Monday, November 30, 2020

Goldilocks year awaits emerging markets defying Covid-19 pandemic rout

 

Underpinning the recovery is a resurgence in foreign-investor interest.



Emerging-market investors seem to have everything going for them right now, with the November rally offering a hint of what 2021 may have in store.

A plethora of tailwinds from accommodative central banks to an impending change of U.S. president and Covid-19 vaccine progress has put the assets of developing nations on course for some impressive milestones. Bonds have wiped out their year-to-date losses, while MSCI Inc.’s currency index is poised for the best month since January 2019 as well as a second successive annual gain. The MSCI stocks gauge is on track for its best month since March 2016.

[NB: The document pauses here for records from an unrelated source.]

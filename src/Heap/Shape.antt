-- ===== src/Heap/Shape.antt =====
-- The blocks of heap.c and their headers, as each change of a header leaves them.
use apsyde.Heap.State.{heap_magic_free, heap_magic_used, header_size, write}
use apsyde.Heap.Segs.{
  occurs, occurs-split, occurs-append, Tiles, AllOnce, Tiles-AllOnce, Tiles-append, Tiles-below,
  Tiles-above, Tiles-write, write_self, write-ne,
}
use apsyde.Heap.Counts.{All-occurs, Tiles-Cut, occurs-middle}
use apsyde.Common.{
  ℕ, ◌+◌, ◌%◌, ◌≤◌, ◌<◌, ◌≡◌, refl, sym, ap, ◌≢◌, ◌⊎◌, List, ◌∷◌, ◌++◌, arith, ◌==◌, if◌then◌else◌,
  ==_refl, ==_ne, All, inl, inr, ==_iff, Bool-cases,
}

-- A header is marked as free or as used, and it and its block are aligned.
pub record IsHeader (magic size : ℕ → ℕ) (x : ℕ) : Type 0 where
  pub marked : (magic x ≡ heap_magic_free) ⊎ (magic x ≡ heap_magic_used)
  pub whole : size x % 16 ≡ 0
  pub roomy : 0 < size x
  pub aligned : x % 16 ≡ 0

-- The blocks `bs` fill the memory from `a` to `e`, one after the other, and `fs` are those that are
-- marked as free.
pub record Shape (a e : ℕ) (magic size : ℕ → ℕ) (bs fs : List ℕ) : Type 0 where
  pub tiles : Tiles size a bs e
  pub headers : (x : ℕ) → 0 < occurs x bs → IsHeader magic size x
  pub listed : (x : ℕ) → occurs x fs ≡ (if magic x == heap_magic_free then occurs x bs else 0)

module _ (a e : ℕ) (magic size : ℕ → ℕ) (bs fs : List ℕ) (v : Shape a e magic size bs fs) where
  pub free_marked : (x : ℕ) → 0 < occurs x fs → magic x ≡ heap_magic_free
  free_marked x k = ground (arith, k, v.listed x)

  pub free_block : (x : ℕ) → 0 < occurs x fs → 0 < occurs x bs
  free_block x k = ground (arith, k, v.listed x)

  pub free_all_marked : All (λ f. magic f ≡ heap_magic_free) fs
  free_all_marked = All-occurs (λ f. magic f ≡ heap_magic_free) fs free_marked

  pub blocks_once : AllOnce bs
  blocks_once = Tiles-AllOnce size a bs e v.tiles

  pub free_once : AllOnce fs
  free_once x = ground (arith, v.listed x, blocks_once x)

  pub block_bounds : (x : ℕ) → 0 < occurs x bs → (a ≤ x) × (x + header_size + size x ≤ e)
  block_bounds x k =
      let s = occurs-split x bs k in
      let t : Tiles size a (s.0 ++ (x ∷ s.1)) e = rw (sym (s.2)) v.tiles in
      let c = Tiles-Cut size a (s.0) x (s.1) e t in (c.low, c.high)

  -- An address inside of a block is no block's.
  pub inside_none :
      (x y : ℕ) → 0 < occurs x bs → x < y → y < x + header_size + size x → occurs y bs ≡ 0
  inside_none x y k l u =
      let s = occurs-split x bs k in
      let t : Tiles size a (s.0 ++ (x ∷ s.1)) e = rw (sym (s.2)) v.tiles in
      let c = Tiles-Cut size a (s.0) x (s.1) e t in
      ground (
        arith,
        ap (occurs y) (s.2),
        occurs-middle y x (s.0) (s.1),
        occurs-append y (s.0) (s.1),
        Tiles-above size a (s.0) x y c.before (omega (arith, l)),
        Tiles-below size (x + header_size + size x) (s.1) e y c.after u,
        ==_ne y x (λ q. omega (arith, q, l)),
      )

-- A block that is taken whole.
pub Shape-take :
    (a e : ℕ) (magic size : ℕ → ℕ) (xs ys l r : List ℕ) (b : ℕ)
    → Shape a e magic size (xs ++ (b ∷ ys)) (l ++ (b ∷ r))
    → Shape a e (write magic b heap_magic_used) (write size b (size b)) (xs ++ (b ∷ ys)) (l ++ r)
Shape-take a e magic size xs ys l r b v = record {
  tiles =
      let c = Tiles-Cut size a xs b ys e v.tiles in
      Tiles-append (write size b (size b)) a xs b (b ∷ ys) e
        (Tiles-write size b (size b) a xs b c.only_before c.before)
        (
          refl,
          rw (write_self size b (size b))
              (Tiles-write size b (size b) (b + header_size + size b) ys e c.only_after c.after),
        );
  headers = λ x k.
      let old = v.headers x k in
      record {
        marked = ground (arith, old.marked);
        whole = ground (arith, old.whole);
        roomy = ground (arith, old.roomy);
        aligned = old.aligned;
      };
  listed = λ x. ground (
    arith,
    v.listed x,
    occurs-middle x b l r,
    free_once a e magic size (xs ++ (b ∷ ys)) (l ++ (b ∷ r)) v x,
  );
}

-- A block whose rear part becomes a block of its own.
module _ (a e : ℕ) (magic size : ℕ → ℕ) (xs ys l r : List ℕ) (b al rem : ℕ)
    (v : Shape a e magic size (xs ++ (b ∷ ys)) (l ++ (b ∷ r))) (al_whole : al % 16 ≡ 0)
    (al_some : 0 < al) (rem_some : 0 < rem) (parts : size b ≡ al + header_size + rem) where
  abbrev new_b : ℕ
  new_b = b + header_size + al

  b_block : 0 < occurs b (xs ++ (b ∷ ys))
  b_block = ground (arith, occurs-middle b b xs ys, ==_refl b)

  pub new_none : occurs new_b (xs ++ (b ∷ ys)) ≡ 0
  new_none =
      inside_none a e magic size (xs ++ (b ∷ ys)) (l ++ (b ∷ r)) v b new_b b_block (omega arith)
        (omega (arith, parts))

  abbrev magic' : ℕ → ℕ
  magic' = write (write magic new_b heap_magic_free) b heap_magic_used

  abbrev size' : ℕ → ℕ
  size' = write (write size new_b rem) b al

  new_far : new_b ≢ b
  new_far q = omega (arith, q)

  new_in_front : occurs new_b xs ≡ 0
  new_in_front = omega (arith, new_none, occurs-append new_b xs (b ∷ ys))

  new_behind : occurs new_b ys ≡ 0
  new_behind = omega (
    arith,
    new_none,
    occurs-append new_b xs (b ∷ ys),
    occurs-middle new_b b xs ys,
    occurs-append new_b xs ys,
  )

  split_tiles : Tiles size' a (xs ++ (b ∷ (new_b ∷ ys))) e
  split_tiles =
      let c = Tiles-Cut size a xs b ys e v.tiles in
      let end_is : new_b + header_size + rem ≡ b + header_size + size b = omega (arith, parts) in
      Tiles-append size' a xs b (b ∷ (new_b ∷ ys)) e
        (Tiles-write (write size new_b rem) b al a xs b c.only_before
          (Tiles-write size new_b rem a xs b new_in_front c.before))
        (
          refl,
          rw (write_self (write size new_b rem) b al) (
            refl,
            rw
                (
                  write-ne (write size new_b rem) b al new_b new_far,
                  write_self size new_b rem,
                  end_is,
                )
                (Tiles-write (write size new_b rem) b al (b + header_size + size b) ys e
                  c.only_after
                  (Tiles-write size new_b rem (b + header_size + size b) ys e new_behind c.after)),
          ),
        )

  split_occurs :
      (x : ℕ)
      → occurs x (xs ++ (b ∷ (new_b ∷ ys)))
        ≡ (if x == b then 1 else 0) + ((if x == new_b then 1 else 0) + occurs x (xs ++ ys))
  split_occurs x = omega (arith, occurs-middle x b xs (new_b ∷ ys), occurs-middle x new_b xs ys)

  split_headers : (x : ℕ) → 0 < occurs x (xs ++ (b ∷ (new_b ∷ ys))) → IsHeader magic' size' x
  split_headers x k =
      let b_old = v.headers b b_block in
      elim (Bool-cases (x == b)) [
        | inl q ↦ record {
          marked = inr (rw q refl);
          whole = rw q al_whole;
          roomy = rw q al_some;
          aligned = rw ((==_iff x b).0 q) b_old.aligned;
        }
        | inr q ↦ elim (Bool-cases (x == new_b)) [
          | inl t ↦ record {
            marked = inl (rw (q, t) refl);
            whole = rw (q, t) (omega (arith, parts, al_whole, b_old.whole));
            roomy = rw (q, t) rem_some;
            aligned = omega (arith, (==_iff x new_b).0 t, al_whole, b_old.aligned);
          }
          | inr t ↦
              let old =
                v.headers x (ground (arith, k, q, t, split_occurs x, occurs-middle x b xs ys)) in
              record {
                marked = rw (q, t) old.marked;
                whole = rw (q, t) old.whole;
                roomy = rw (q, t) old.roomy;
                aligned = old.aligned;
              }
        ]
      ]

  split_listed :
      (x : ℕ)
      → occurs x (l ++ (new_b ∷ r))
        ≡ (if magic' x == heap_magic_free then occurs x (xs ++ (b ∷ (new_b ∷ ys))) else 0)
  split_listed x =
      let old = v.listed x in
      let b_free = free_marked a e magic size (xs ++ (b ∷ ys)) (l ++ (b ∷ r)) v b in
      let once = free_once a e magic size (xs ++ (b ∷ ys)) (l ++ (b ∷ r)) v x in
      ground (
        arith,
        old,
        once,
        new_none,
        split_occurs x,
        occurs-middle x b xs ys,
        occurs-middle x b l r,
        occurs-middle x new_b l r,
      )

  pub Shape-split : Shape a e magic' size' (xs ++ (b ∷ (new_b ∷ ys))) (l ++ (new_b ∷ r))
  Shape-split = record { tiles = split_tiles; headers = split_headers; listed = split_listed }
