-- ===== src/Heap/Invariant.antt =====
-- The invariant of the state of heap.c: the blocks fill the heap, and the list has the free ones.
use apsyde.Heap.State.{Heap, Result, ok, panicked, hung}
use apsyde.Heap.Segs.{Chain, Tiles-le}
use apsyde.Heap.Counts.{occurs-length}
use apsyde.Heap.Shape.{Shape}
use apsyde.Pmm.State.{null}
use apsyde.Common.{ℕ, ◌+◌, ◌^◌, ◌≤◌, ◌<◌, ◌≡◌, List, arith, length}

-- The blocks `bs` fill the heap, one after the other; the list leads through `fs`, which are the
-- blocks marked as free; the counters count both.
pub record Inv (h : Heap) (bs fs : List ℕ) : Type 0 where
  pub low : 0 < h.heap_start
  pub extent : h.heap_end ≡ h.heap_start + 2 ^ 20
  pub no_wrap : h.heap_end < 2 ^ 64
  pub shape : Shape h.heap_start h.heap_end h.magic h.size bs fs
  pub chain : Chain h.next_free h.free_list fs null
  pub total : h.total_blocks ≡ length bs
  pub free : h.free_blocks ≡ length fs

pub record WellFormed (h : Heap) : Type 0 where
  pub blocks : List ℕ
  pub free : List ℕ
  pub inv : Inv h blocks free

-- The call returns, and what it returns has the property.
abbrev pub Returns : {A : Type 0} → (A → Type 0) → Result A → Type 0
Returns P (ok a) = P a
Returns P panicked = ⊥
Returns P hung = ⊥

module _ (h : Heap) (bs fs : List ℕ) (v : Inv h bs fs) where
  -- At most 32,768 blocks fit.
  pub blocks_few : length bs ≤ 2 ^ 15
  blocks_few = omega (arith, Tiles-le h.size h.heap_start bs h.heap_end v.shape.tiles, v.extent)

  pub free_few : length fs ≤ length bs
  free_few = occurs-length fs bs (λ x. ground (arith, v.shape.listed x))

pub Returns-map :
    {A : Type 0} (P Q : A → Type 0) (r : Result A)
    → ((a : A) → P a → Q a)
    → Returns P r
    → Returns Q r
Returns-map P Q (ok a) f p = f a p
Returns-map P Q panicked f p = absurd p
Returns-map P Q hung f p = absurd p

Underpinning the recovery is a resurgence in foreign-investor interest. Fourth-quarter portfolio inflows to emerging markets are poised to hit the highest in eight years, data from the Institute of International Finance show. Yet, for all the euphoria, foreign positioning in bonds and equities for developing nations excluding China remains light, and Deutsche Bank AG’s Sameer Goel, says the rally is far from over.

“It’s Goldilocks for emerging markets’ under-invested assets as we go into 2021,” said Goel, the bank’s head of emerging markets macro research in Singapore. They “have considerable cyclical catch-up potential.”

Deutsche Bank isn’t alone in seeing further gains. Goldman Sachs Group Inc. and JPMorgan Chase & Co. have made bullish calls on the asset class in recent weeks. UBS Group AG said last week emerging-market assets may benefit from the prospect of “near-complete normalization” in global economic mobility by the end of next year.